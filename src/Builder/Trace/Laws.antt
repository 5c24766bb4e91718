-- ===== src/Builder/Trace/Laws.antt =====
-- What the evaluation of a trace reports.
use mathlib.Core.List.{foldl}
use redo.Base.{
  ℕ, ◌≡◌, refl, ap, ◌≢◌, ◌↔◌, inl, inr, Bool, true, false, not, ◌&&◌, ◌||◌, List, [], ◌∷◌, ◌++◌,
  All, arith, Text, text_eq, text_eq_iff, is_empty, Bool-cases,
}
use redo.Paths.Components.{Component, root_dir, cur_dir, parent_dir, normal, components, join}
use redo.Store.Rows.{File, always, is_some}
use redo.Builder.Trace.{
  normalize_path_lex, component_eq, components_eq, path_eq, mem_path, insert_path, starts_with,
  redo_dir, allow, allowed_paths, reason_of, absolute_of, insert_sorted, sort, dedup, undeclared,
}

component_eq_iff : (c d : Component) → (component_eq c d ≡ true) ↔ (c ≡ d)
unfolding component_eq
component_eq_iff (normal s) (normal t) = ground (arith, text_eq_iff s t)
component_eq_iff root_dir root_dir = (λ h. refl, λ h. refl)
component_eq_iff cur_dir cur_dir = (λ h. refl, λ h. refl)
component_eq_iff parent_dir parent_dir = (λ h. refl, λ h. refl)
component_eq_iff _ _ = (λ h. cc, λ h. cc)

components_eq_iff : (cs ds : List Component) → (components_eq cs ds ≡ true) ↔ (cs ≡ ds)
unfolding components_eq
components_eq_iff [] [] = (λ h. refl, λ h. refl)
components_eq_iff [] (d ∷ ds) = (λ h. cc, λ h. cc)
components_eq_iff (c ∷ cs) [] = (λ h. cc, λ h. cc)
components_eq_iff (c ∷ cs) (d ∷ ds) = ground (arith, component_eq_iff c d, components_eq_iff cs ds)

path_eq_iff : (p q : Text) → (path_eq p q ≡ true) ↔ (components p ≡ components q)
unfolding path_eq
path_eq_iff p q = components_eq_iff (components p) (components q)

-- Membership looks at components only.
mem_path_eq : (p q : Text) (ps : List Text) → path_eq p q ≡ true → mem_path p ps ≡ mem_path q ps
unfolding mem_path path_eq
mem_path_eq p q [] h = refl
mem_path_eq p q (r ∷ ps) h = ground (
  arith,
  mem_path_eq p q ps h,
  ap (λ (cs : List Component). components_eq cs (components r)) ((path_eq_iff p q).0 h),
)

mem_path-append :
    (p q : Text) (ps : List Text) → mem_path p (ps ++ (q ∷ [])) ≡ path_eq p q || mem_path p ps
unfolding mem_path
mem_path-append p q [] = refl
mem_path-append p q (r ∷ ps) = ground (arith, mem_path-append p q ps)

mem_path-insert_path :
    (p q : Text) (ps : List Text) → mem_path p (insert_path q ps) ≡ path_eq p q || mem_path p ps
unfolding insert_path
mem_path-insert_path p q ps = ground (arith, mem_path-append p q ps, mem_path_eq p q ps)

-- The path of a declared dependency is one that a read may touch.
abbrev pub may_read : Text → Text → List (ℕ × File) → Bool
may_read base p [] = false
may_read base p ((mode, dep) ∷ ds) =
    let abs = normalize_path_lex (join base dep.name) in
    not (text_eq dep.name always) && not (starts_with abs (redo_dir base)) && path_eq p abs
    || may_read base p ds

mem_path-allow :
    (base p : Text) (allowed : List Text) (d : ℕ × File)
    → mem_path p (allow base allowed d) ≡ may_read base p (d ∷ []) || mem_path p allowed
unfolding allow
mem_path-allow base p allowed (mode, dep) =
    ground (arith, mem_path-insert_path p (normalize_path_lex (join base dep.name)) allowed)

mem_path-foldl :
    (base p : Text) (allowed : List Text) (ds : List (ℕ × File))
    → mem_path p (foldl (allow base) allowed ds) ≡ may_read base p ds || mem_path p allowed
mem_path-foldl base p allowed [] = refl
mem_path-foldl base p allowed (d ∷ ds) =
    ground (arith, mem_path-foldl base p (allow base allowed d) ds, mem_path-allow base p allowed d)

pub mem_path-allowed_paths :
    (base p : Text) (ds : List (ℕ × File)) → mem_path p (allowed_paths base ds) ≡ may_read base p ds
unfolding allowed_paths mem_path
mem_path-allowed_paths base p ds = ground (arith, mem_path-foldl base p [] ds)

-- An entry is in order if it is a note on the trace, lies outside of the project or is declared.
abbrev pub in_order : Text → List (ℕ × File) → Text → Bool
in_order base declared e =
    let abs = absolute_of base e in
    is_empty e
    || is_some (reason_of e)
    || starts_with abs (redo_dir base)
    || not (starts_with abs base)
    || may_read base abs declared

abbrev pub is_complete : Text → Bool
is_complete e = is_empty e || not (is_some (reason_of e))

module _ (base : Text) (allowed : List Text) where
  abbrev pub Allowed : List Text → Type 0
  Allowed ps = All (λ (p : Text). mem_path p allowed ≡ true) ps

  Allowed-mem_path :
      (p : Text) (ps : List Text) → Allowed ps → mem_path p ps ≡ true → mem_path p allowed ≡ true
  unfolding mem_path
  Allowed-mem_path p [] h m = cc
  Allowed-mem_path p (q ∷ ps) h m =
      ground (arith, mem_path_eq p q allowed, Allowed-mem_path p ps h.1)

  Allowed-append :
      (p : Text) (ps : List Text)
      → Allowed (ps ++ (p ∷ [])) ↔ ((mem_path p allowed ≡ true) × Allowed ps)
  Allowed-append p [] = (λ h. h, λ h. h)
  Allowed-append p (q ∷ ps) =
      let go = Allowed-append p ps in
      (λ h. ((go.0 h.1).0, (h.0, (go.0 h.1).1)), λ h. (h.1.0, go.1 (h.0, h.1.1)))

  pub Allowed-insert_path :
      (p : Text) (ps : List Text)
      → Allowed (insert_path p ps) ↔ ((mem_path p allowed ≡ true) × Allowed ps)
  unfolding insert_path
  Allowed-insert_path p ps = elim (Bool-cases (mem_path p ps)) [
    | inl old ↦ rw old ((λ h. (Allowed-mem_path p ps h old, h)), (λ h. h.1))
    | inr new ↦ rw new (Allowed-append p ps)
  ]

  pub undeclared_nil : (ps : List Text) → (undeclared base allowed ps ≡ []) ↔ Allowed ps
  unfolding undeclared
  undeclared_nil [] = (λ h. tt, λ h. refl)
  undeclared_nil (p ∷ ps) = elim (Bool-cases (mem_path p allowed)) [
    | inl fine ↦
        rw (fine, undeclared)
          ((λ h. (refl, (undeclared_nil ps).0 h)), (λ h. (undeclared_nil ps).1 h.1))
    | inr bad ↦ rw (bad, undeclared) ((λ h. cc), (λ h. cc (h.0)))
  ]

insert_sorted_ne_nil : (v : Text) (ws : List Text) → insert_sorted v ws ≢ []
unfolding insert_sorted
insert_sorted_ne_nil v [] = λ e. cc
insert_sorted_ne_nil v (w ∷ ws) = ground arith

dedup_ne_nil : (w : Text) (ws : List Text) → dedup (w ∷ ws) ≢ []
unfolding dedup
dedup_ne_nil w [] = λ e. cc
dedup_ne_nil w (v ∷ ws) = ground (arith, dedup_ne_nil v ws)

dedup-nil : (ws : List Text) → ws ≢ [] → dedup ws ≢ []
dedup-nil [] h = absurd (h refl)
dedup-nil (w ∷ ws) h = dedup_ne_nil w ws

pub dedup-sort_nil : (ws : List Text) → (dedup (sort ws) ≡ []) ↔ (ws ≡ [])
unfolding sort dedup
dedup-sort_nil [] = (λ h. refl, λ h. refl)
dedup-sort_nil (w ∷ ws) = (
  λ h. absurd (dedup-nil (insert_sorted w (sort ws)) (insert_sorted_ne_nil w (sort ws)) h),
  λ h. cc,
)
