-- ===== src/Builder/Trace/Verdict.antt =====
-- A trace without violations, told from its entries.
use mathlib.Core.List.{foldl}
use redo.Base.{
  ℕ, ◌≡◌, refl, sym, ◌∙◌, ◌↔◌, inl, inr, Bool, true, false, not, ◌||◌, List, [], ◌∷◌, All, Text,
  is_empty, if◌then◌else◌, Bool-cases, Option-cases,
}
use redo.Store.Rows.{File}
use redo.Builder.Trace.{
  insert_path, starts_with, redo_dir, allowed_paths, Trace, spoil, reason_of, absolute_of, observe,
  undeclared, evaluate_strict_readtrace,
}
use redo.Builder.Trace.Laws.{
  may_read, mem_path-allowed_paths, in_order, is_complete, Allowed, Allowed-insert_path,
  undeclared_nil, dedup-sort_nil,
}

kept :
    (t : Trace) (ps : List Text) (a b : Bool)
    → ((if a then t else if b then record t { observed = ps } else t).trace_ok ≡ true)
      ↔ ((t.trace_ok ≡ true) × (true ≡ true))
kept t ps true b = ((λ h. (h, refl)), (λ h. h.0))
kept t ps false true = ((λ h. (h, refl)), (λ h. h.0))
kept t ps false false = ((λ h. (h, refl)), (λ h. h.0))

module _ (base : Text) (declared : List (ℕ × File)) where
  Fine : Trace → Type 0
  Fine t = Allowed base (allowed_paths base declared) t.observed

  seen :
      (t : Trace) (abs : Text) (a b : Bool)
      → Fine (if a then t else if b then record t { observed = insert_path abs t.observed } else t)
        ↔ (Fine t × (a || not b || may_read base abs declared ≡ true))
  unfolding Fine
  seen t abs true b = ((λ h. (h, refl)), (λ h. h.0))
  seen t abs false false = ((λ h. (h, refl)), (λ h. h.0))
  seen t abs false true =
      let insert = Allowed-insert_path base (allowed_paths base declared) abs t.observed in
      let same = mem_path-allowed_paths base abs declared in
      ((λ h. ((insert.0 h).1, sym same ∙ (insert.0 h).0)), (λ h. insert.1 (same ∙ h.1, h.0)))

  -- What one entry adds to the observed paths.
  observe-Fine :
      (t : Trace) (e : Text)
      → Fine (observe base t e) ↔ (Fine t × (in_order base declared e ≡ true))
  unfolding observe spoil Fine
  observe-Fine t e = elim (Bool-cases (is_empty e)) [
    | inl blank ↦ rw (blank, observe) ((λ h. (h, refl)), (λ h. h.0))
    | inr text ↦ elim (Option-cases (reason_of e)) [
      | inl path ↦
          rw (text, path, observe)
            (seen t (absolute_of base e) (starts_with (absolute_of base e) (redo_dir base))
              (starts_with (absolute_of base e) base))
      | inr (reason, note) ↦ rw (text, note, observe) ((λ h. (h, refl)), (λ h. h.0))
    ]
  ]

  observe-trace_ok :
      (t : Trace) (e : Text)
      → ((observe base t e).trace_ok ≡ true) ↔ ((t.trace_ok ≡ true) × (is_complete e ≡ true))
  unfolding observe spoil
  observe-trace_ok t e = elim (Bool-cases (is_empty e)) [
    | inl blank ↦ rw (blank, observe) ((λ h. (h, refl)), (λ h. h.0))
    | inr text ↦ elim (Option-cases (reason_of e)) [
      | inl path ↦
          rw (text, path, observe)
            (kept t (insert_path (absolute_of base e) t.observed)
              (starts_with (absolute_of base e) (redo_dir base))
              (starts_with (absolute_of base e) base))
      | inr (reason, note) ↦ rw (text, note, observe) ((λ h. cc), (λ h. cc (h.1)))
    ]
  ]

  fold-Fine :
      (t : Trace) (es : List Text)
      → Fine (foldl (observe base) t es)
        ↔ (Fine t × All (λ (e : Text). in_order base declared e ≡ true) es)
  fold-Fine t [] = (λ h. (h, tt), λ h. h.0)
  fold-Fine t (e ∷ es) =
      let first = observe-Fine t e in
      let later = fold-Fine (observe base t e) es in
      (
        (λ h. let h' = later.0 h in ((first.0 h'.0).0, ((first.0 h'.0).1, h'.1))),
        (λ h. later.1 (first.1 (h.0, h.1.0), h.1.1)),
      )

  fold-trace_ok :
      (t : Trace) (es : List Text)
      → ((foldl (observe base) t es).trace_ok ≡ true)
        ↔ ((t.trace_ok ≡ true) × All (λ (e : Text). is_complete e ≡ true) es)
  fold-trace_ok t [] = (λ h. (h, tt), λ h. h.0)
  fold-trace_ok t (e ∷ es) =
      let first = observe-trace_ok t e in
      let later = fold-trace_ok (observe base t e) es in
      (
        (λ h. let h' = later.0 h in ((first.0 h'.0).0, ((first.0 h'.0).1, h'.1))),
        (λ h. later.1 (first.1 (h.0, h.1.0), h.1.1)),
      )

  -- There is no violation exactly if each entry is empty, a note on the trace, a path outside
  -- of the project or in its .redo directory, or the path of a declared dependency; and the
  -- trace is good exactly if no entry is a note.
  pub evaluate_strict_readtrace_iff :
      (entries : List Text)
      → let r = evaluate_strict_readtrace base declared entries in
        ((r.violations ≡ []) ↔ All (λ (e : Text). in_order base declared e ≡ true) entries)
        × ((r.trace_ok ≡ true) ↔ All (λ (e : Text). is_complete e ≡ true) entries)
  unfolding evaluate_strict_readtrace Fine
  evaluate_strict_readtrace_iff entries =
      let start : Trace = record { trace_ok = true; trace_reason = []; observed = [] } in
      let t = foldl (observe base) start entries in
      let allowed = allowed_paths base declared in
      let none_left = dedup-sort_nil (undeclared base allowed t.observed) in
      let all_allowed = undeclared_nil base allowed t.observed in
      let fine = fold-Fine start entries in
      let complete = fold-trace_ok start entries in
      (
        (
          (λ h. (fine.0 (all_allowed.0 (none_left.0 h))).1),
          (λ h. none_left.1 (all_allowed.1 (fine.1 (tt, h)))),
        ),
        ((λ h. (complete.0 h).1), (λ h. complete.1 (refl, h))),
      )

++++++++

## TASK ITEM
Locate the word "Builder" in the data above. Copy every line carrying it.

## WRITTEN SOLUTION
filename src/Builder/Trace/Laws.antt
-- ===== src/Builder/Trace/Laws.antt =====
use redo.Builder.Trace.{
-- ===== src/Builder/Trace/Verdict.antt =====
use redo.Builder.Trace.{
use redo.Builder.Trace.Laws.{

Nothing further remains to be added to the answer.